Unlike other TFBS data and prediction repositories, IIDB is implemented to be specific in that it includes data relating to a specific cell type (macrophages) in a specific strain (C57/BL6) of a specific species (mus musculus). We hope that this specificity will prove useful for the immunology community. IIDB is also structured so that the data it contains will be generally useful to the broader immunology community.

Future Directions

We plan to regularly update the transcription factor binding site data and related statistics within IIDB. We are in the process of building an extended version of IIDB which will include TRANSFAC matrix scans for the entire mouse genome. We also plan to add further ChIP-chip data for various transcription factors we are currently analyzing. We are committed to regularly updating our gene coordinate system with new mouse genome builds. An email-based feedback and help link is provided on the IIDB homepage, and users are encouraged to provide suggestions to continue to refine the utility of IIDB. In this way, we hope IIDB will continue to grow, both in content, and also in its usefulness to the immunology community.

Conclusion

The current consensus view is that transcription factor binding site prediction based on PWM sequence scans alone is not sufficiently predictive for most systems biology projects. PWM scans generate very high numbers of false positives and numerous overlapping hits. We have used several TFBS prediction algorithms, multi-species conservation information, data on DNase HS sites, and searches based on TFBS meta patterns to reduce the number of hits and increase the predictive power of TFBS predictions. On the basis of available ChIP-chip data, TFBS predictions available via IIDB appear to have a good chance of being confirmed experimentally. We therefore believe IIDB will make a useful contribution to the immunology research community.

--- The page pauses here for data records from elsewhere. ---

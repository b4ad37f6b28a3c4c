-- ===== src/Text/Affixes.antt =====
-- Laws of the text functions: trimming.
use ingress_nginx_gateway_br.Common.{ℕ, ◌≤◌, Bool, [], ◌∷◌, arith, length}
use ingress_nginx_gateway_br.Text.{Text, trim_right_by}

pub length-trim_right_le : (p : ℕ → Bool) (s : Text) → length (trim_right_by p s) ≤ length s
unfolding trim_right_by
length-trim_right_le p [] = omega arith
length-trim_right_le p (c ∷ s) = ground (arith, length-trim_right_le p s)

Our database currently includes predicted binding sites on the promoters of over 2000 mouse macrophage and immune-specific genes. Results from IIDB analyses of new genes, or new analyses of existing IIDB genes, can be automatically integrated into IIDB following curation. IIDB will grow with time and usage. We have customized a web-based genome browser to simultaneously display multiple genes with multiple annotations and TFBS predictions. Thus, IIDB can be used by researchers without specific computational expertise to develop novel gene regulatory hypotheses.

Availability and requirements

Project name: Innate Immune Database (IIBD).

Project home page: http://db.systemsbiology.net/IIDB

Operating system(s): Platform independent.

Programming languages: Perl/CGI, Java, MySQL.

Licence: free open-access to database via web-interface.

Restrictions to use by non-academics: none.